▶ _Work to complete_: Repeat the material below exactly, line for line.

▶ _Material supplied_:
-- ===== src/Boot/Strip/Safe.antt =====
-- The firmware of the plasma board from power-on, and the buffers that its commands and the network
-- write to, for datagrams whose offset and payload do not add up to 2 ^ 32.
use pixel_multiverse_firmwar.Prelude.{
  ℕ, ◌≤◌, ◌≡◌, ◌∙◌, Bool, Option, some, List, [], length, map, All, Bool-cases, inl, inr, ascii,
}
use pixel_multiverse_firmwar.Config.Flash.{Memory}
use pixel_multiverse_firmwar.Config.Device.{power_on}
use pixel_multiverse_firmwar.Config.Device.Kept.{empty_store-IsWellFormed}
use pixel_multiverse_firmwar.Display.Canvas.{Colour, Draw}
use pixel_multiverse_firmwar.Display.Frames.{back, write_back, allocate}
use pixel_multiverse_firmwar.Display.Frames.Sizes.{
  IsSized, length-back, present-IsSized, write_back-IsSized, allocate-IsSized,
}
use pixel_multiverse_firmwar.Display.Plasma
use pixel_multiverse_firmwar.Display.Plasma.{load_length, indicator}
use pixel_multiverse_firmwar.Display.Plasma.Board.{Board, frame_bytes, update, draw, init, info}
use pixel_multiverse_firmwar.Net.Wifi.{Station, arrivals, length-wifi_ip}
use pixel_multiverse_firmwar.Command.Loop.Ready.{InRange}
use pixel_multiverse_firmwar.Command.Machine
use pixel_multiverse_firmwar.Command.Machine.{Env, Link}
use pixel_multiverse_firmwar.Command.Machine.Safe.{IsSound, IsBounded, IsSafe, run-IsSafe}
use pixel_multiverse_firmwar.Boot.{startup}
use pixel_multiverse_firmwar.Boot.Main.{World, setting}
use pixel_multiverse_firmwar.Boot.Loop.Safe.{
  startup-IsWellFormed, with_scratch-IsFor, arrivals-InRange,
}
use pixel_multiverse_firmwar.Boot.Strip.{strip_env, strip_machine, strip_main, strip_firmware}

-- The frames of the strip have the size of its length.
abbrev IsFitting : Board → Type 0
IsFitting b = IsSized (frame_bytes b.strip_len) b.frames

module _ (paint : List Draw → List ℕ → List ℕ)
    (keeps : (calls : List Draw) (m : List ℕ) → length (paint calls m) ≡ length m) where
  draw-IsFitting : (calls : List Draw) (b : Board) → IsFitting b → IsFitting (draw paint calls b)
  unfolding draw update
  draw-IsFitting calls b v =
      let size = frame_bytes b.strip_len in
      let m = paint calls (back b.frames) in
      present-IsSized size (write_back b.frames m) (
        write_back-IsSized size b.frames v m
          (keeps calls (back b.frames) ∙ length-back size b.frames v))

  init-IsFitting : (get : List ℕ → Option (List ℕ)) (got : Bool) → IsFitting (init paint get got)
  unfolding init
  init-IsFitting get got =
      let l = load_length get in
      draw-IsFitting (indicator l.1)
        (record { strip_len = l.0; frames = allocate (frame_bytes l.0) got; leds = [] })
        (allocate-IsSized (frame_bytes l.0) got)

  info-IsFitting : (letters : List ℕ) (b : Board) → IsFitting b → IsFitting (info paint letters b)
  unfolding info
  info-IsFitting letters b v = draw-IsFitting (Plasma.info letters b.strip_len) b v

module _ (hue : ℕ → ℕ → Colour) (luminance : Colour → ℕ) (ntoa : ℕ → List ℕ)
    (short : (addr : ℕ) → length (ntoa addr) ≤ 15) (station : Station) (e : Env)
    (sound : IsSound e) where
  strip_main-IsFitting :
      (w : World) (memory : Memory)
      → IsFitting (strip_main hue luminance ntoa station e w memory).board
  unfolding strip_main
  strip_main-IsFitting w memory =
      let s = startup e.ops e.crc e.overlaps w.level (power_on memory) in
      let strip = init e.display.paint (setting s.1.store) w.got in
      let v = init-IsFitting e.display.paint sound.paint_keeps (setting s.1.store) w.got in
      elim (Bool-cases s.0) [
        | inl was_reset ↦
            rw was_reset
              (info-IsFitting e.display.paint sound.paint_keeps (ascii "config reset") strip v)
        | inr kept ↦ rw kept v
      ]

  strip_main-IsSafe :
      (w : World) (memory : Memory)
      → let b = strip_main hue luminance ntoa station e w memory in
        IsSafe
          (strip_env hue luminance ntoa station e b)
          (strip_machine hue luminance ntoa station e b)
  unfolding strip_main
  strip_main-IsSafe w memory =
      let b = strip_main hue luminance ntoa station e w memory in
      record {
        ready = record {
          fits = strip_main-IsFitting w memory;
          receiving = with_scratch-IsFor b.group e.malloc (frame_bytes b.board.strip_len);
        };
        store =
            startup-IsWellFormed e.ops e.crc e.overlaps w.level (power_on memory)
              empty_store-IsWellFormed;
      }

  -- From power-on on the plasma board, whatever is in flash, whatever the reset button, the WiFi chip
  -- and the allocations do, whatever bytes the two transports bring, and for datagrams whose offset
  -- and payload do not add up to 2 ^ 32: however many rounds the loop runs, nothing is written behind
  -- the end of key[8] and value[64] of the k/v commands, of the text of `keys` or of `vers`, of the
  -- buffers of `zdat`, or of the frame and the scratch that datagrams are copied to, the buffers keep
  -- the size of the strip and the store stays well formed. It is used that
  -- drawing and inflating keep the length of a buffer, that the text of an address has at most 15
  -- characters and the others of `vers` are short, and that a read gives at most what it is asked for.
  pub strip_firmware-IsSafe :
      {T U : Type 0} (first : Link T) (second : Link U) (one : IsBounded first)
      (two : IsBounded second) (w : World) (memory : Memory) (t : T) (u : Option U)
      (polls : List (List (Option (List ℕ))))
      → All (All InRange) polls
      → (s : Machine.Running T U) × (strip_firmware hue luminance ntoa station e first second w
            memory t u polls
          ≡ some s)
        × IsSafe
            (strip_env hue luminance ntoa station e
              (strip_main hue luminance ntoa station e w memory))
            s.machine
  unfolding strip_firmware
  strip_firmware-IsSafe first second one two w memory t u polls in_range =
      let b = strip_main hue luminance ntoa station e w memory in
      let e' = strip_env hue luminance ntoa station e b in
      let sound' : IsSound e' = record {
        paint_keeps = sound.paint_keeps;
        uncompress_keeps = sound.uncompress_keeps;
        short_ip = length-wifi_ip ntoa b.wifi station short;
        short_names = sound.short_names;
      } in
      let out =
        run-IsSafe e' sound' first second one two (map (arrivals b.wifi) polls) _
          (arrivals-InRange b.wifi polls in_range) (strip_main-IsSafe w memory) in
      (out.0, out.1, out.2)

▶ _Answer area_:
-- ===== src/Boot/Strip/Safe.antt =====
-- The firmware of the plasma board from power-on, and the buffers that its commands and the network
-- write to, for datagrams whose offset and payload do not add up to 2 ^ 32.
use pixel_multiverse_firmwar.Prelude.{
  ℕ, ◌≤◌, ◌≡◌, ◌∙◌, Bool, Option, some, List, [], length, map, All, Bool-cases, inl, inr, ascii,
}
use pixel_multiverse_firmwar.Config.Flash.{Memory}
use pixel_multiverse_firmwar.Config.Device.{power_on}
use pixel_multiverse_firmwar.Config.Device.Kept.{empty_store-IsWellFormed}
use pixel_multiverse_firmwar.Display.Canvas.{Colour, Draw}
use pixel_multiverse_firmwar.Display.Frames.{back, write_back, allocate}
use pixel_multiverse_firmwar.Display.Frames.Sizes.{
  IsSized, length-back, present-IsSized, write_back-IsSized, allocate-IsSized,
}
use pixel_multiverse_firmwar.Display.Plasma
use pixel_multiverse_firmwar.Display.Plasma.{load_length, indicator}
use pixel_multiverse_firmwar.Display.Plasma.Board.{Board, frame_bytes, update, draw, init, info}
use pixel_multiverse_firmwar.Net.Wifi.{Station, arrivals, length-wifi_ip}
use pixel_multiverse_firmwar.Command.Loop.Ready.{InRange}
use pixel_multiverse_firmwar.Command.Machine
use pixel_multiverse_firmwar.Command.Machine.{Env, Link}
use pixel_multiverse_firmwar.Command.Machine.Safe.{IsSound, IsBounded, IsSafe, run-IsSafe}
use pixel_multiverse_firmwar.Boot.{startup}
use pixel_multiverse_firmwar.Boot.Main.{World, setting}
use pixel_multiverse_firmwar.Boot.Loop.Safe.{
  startup-IsWellFormed, with_scratch-IsFor, arrivals-InRange,
}
use pixel_multiverse_firmwar.Boot.Strip.{strip_env, strip_machine, strip_main, strip_firmware}

-- The frames of the strip have the size of its length.
abbrev IsFitting : Board → Type 0
IsFitting b = IsSized (frame_bytes b.strip_len) b.frames

module _ (paint : List Draw → List ℕ → List ℕ)
    (keeps : (calls : List Draw) (m : List ℕ) → length (paint calls m) ≡ length m) where
  draw-IsFitting : (calls : List Draw) (b : Board) → IsFitting b → IsFitting (draw paint calls b)
  unfolding draw update
  draw-IsFitting calls b v =
      let size = frame_bytes b.strip_len in
      let m = paint calls (back b.frames) in
      present-IsSized size (write_back b.frames m) (
        write_back-IsSized size b.frames v m
          (keeps calls (back b.frames) ∙ length-back size b.frames v))

  init-IsFitting : (get : List ℕ → Option (List ℕ)) (got : Bool) → IsFitting (init paint get got)
  unfolding init
  init-IsFitting get got =
      let l = load_length get in
      draw-IsFitting (indicator l.1)
        (record { strip_len = l.0; frames = allocate (frame_bytes l.0) got; leds = [] })
        (allocate-IsSized (frame_bytes l.0) got)

  info-IsFitting : (letters : List ℕ) (b : Board) → IsFitting b → IsFitting (info paint letters b)
  unfolding info
  info-IsFitting letters b v = draw-IsFitting (Plasma.info letters b.strip_len) b v

module _ (hue : ℕ → ℕ → Colour) (luminance : Colour → ℕ) (ntoa : ℕ → List ℕ)
    (short : (addr : ℕ) → length (ntoa addr) ≤ 15) (station : Station) (e : Env)
    (sound : IsSound e) where
  strip_main-IsFitting :
      (w : World) (memory : Memory)
      → IsFitting (strip_main hue luminance ntoa station e w memory).board
  unfolding strip_main
  strip_main-IsFitting w memory =
      let s = startup e.ops e.crc e.overlaps w.level (power_on memory) in
      let strip = init e.display.paint (setting s.1.store) w.got in
      let v = init-IsFitting e.display.paint sound.paint_keeps (setting s.1.store) w.got in
      elim (Bool-cases s.0) [
        | inl was_reset ↦
            rw was_reset
              (info-IsFitting e.display.paint sound.paint_keeps (ascii "config reset") strip v)
        | inr kept ↦ rw kept v
      ]

  strip_main-IsSafe :
      (w : World) (memory : Memory)
      → let b = strip_main hue luminance ntoa station e w memory in
        IsSafe
          (strip_env hue luminance ntoa station e b)
          (strip_machine hue luminance ntoa station e b)
  unfolding strip_main
  strip_main-IsSafe w memory =
      let b = strip_main hue luminance ntoa station e w memory in
      record {
        ready = record {
          fits = strip_main-IsFitting w memory;
          receiving = with_scratch-IsFor b.group e.malloc (frame_bytes b.board.strip_len);
        };
        store =
            startup-IsWellFormed e.ops e.crc e.overlaps w.level (power_on memory)
              empty_store-IsWellFormed;
      }

  -- From power-on on the plasma board, whatever is in flash, whatever the reset button, the WiFi chip
  -- and the allocations do, whatever bytes the two transports bring, and for datagrams whose offset
  -- and payload do not add up to 2 ^ 32: however many rounds the loop runs, nothing is written behind
  -- the end of key[8] and value[64] of the k/v commands, of the text of `keys` or of `vers`, of the
  -- buffers of `zdat`, or of the frame and the scratch that datagrams are copied to, the buffers keep
  -- the size of the strip and the store stays well formed. It is used that
  -- drawing and inflating keep the length of a buffer, that the text of an address has at most 15
  -- characters and the others of `vers` are short, and that a read gives at most what it is asked for.
  pub strip_firmware-IsSafe :
      {T U : Type 0} (first : Link T) (second : Link U) (one : IsBounded first)
      (two : IsBounded second) (w : World) (memory : Memory) (t : T) (u : Option U)
      (polls : List (List (Option (List ℕ))))
      → All (All InRange) polls
      → (s : Machine.Running T U) × (strip_firmware hue luminance ntoa station e first second w
            memory t u polls
          ≡ some s)
        × IsSafe
            (strip_env hue luminance ntoa station e
              (strip_main hue luminance ntoa station e w memory))
            s.machine
  unfolding strip_firmware
  strip_firmware-IsSafe first second one two w memory t u polls in_range =
      let b = strip_main hue luminance ntoa station e w memory in
      let e' = strip_env hue luminance ntoa station e b in
      let sound' : IsSound e' = record {
        paint_keeps = sound.paint_keeps;
        uncompress_keeps = sound.uncompress_keeps;
        short_ip = length-wifi_ip ntoa b.wifi station short;
        short_names = sound.short_names;
      } in
      let out =
        run-IsSafe e' sound' first second one two (map (arrivals b.wifi) polls) _
          (arrivals-InRange b.wifi polls in_range) (strip_main-IsSafe w memory) in
      (out.0, out.1, out.2)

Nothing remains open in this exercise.